[Dataset entries]
====

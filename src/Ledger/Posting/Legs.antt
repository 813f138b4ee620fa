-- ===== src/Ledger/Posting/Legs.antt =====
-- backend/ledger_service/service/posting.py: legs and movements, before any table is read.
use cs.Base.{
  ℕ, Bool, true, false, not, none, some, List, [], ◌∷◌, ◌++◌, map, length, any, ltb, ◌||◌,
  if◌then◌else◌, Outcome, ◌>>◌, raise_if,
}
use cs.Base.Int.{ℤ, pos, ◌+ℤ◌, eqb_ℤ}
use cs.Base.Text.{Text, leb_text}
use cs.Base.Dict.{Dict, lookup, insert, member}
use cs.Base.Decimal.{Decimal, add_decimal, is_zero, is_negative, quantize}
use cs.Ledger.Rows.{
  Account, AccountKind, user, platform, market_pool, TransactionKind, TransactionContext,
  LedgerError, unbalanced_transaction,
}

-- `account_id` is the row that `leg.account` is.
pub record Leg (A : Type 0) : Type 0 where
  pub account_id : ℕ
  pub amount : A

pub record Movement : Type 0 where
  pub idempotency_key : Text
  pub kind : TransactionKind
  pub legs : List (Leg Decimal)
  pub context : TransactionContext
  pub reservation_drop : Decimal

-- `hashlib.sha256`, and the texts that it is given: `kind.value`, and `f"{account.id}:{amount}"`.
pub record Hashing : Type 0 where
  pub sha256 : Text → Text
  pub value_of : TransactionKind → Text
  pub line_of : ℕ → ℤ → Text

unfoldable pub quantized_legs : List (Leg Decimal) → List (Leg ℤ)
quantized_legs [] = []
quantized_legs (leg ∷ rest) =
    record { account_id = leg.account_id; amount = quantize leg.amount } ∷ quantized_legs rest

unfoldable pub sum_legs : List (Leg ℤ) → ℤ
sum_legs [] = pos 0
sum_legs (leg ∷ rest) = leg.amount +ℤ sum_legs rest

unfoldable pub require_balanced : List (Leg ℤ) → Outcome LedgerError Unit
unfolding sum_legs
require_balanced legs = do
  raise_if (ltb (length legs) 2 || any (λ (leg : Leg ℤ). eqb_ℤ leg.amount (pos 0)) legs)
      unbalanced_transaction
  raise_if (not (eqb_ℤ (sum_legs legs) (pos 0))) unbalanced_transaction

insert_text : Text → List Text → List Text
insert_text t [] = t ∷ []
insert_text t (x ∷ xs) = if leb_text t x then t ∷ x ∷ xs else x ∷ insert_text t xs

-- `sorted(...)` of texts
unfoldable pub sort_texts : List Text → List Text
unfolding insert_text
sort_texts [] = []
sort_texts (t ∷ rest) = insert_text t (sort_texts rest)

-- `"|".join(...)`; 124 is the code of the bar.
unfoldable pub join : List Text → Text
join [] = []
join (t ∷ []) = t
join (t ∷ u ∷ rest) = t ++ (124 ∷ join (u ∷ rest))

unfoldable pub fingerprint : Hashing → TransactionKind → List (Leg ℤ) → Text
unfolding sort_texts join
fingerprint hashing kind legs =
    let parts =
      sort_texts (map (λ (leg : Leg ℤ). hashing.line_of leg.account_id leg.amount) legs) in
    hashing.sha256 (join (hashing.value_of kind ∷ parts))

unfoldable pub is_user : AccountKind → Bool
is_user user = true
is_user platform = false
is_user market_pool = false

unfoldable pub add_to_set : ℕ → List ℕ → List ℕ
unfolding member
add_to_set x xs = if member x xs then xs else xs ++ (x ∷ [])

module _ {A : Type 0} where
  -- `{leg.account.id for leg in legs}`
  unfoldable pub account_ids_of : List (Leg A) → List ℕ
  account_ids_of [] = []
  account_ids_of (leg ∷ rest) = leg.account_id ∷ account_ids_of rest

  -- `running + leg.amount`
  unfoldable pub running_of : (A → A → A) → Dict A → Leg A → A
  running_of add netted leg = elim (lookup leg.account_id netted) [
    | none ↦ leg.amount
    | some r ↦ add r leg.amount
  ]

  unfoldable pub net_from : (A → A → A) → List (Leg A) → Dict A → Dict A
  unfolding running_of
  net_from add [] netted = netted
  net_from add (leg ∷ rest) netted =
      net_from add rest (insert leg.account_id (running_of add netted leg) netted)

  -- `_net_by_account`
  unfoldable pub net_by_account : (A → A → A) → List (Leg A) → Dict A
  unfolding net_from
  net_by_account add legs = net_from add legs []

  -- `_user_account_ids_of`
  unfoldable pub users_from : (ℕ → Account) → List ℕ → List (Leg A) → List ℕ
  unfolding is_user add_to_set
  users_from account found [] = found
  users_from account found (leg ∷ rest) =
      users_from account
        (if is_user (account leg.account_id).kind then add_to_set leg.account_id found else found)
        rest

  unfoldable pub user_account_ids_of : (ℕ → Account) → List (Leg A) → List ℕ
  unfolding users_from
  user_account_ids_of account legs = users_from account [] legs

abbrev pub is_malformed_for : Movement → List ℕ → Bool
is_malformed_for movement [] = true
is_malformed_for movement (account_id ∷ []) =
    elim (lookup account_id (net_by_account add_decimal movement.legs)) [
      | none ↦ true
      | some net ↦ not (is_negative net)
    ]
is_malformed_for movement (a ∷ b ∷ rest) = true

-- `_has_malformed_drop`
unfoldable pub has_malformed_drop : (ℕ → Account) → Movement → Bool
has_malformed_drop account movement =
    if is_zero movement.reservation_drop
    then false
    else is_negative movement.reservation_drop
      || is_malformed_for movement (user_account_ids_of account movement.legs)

====

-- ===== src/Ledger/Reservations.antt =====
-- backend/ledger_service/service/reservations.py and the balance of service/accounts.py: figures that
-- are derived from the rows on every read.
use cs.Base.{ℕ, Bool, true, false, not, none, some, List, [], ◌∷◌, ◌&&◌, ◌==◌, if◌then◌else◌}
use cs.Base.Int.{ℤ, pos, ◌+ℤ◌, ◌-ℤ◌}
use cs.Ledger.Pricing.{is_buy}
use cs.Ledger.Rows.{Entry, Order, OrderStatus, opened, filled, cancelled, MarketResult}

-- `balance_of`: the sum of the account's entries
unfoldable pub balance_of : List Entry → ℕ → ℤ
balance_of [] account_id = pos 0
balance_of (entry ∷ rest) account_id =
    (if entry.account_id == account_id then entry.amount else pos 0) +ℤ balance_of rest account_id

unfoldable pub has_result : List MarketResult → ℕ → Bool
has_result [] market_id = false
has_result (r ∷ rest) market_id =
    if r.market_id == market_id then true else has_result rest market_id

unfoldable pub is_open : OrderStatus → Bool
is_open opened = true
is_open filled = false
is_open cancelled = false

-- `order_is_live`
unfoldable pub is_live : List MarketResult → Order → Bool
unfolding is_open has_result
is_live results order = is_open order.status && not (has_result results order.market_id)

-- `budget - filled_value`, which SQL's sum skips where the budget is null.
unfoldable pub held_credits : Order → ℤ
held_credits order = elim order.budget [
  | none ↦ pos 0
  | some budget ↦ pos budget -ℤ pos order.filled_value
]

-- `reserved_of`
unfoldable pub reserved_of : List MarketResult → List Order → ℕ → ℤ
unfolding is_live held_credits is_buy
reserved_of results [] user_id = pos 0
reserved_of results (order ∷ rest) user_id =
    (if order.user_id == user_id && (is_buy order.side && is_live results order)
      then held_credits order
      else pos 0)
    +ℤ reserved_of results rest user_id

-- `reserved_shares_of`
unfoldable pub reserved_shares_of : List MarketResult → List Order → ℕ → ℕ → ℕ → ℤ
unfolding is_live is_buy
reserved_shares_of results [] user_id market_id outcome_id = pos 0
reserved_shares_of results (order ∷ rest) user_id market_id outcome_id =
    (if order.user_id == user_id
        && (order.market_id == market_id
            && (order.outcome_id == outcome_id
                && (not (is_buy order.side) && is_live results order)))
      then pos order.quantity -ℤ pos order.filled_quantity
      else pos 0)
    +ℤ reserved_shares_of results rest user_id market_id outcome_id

====

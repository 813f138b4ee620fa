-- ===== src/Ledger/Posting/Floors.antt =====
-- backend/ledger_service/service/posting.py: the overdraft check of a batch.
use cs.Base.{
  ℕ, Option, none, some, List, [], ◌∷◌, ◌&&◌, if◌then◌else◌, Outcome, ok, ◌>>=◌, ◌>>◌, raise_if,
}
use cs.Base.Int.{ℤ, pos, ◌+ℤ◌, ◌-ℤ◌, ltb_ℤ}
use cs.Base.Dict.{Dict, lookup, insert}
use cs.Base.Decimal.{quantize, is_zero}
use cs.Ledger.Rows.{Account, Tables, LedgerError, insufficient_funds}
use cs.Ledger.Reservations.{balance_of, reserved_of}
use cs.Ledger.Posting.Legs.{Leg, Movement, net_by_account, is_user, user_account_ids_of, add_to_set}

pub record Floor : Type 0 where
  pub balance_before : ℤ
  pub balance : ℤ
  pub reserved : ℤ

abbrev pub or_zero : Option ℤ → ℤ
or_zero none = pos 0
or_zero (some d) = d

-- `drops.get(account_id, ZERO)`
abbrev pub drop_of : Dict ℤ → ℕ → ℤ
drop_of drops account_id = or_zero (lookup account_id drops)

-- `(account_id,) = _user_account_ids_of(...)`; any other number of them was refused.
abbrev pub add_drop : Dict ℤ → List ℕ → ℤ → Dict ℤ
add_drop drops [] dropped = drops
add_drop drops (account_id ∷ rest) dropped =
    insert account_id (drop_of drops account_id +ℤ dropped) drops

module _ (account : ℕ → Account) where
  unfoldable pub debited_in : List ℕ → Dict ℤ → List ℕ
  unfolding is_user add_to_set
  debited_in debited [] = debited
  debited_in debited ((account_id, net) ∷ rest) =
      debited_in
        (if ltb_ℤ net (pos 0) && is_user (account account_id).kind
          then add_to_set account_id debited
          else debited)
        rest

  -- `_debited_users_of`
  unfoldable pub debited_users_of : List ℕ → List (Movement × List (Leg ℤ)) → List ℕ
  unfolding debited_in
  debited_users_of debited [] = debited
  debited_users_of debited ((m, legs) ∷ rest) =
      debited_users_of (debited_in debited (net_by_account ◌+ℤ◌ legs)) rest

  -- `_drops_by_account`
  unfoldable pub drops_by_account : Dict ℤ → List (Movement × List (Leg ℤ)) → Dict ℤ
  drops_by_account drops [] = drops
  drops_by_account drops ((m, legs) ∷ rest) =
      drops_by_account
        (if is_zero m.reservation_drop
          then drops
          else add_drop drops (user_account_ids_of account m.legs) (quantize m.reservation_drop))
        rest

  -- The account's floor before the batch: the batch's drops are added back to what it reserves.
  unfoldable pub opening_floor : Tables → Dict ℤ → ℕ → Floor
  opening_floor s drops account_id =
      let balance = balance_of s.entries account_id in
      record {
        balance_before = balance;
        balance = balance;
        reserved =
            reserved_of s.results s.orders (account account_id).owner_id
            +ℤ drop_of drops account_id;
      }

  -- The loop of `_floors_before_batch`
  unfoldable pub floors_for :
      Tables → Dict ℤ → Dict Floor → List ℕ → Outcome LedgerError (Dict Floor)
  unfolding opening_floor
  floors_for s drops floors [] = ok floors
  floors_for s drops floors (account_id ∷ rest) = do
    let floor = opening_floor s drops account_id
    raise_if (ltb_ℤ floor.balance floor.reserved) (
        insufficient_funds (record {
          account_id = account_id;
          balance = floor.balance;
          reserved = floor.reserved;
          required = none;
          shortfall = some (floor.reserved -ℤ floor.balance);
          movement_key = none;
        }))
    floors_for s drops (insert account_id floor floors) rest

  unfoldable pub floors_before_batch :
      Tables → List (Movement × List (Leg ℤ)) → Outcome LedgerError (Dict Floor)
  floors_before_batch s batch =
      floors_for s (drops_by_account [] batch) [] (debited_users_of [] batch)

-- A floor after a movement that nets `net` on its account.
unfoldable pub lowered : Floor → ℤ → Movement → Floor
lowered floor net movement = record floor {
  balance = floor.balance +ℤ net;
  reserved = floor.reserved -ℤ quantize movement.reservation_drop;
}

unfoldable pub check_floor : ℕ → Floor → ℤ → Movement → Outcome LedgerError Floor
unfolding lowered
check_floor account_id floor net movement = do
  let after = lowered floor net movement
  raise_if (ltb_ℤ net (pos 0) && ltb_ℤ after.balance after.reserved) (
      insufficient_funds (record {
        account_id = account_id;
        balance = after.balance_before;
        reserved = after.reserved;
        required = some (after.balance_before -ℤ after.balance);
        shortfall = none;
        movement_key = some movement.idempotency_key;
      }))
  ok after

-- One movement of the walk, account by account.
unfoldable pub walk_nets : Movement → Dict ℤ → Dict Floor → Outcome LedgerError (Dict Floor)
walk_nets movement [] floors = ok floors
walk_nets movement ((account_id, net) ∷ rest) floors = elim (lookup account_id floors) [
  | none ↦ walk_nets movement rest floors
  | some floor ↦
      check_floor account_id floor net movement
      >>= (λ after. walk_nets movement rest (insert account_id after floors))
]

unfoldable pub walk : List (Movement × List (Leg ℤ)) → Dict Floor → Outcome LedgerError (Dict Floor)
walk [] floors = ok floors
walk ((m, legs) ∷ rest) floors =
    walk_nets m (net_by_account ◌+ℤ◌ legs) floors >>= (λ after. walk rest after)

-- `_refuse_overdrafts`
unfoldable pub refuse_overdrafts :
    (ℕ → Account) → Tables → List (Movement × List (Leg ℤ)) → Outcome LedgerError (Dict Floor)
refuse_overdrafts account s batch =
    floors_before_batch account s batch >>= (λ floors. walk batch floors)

====

### [Problem to work on]
Each line of the entries where the string "abbrev" occurs should be shown.

### [Written response]
abbrev pub is_malformed_for : Movement → List ℕ → Bool
abbrev pub or_zero : Option ℤ → ℤ
abbrev pub drop_of : Dict ℤ → ℕ → ℤ
abbrev pub add_drop : Dict ℤ → List ℕ → ℤ → Dict ℤ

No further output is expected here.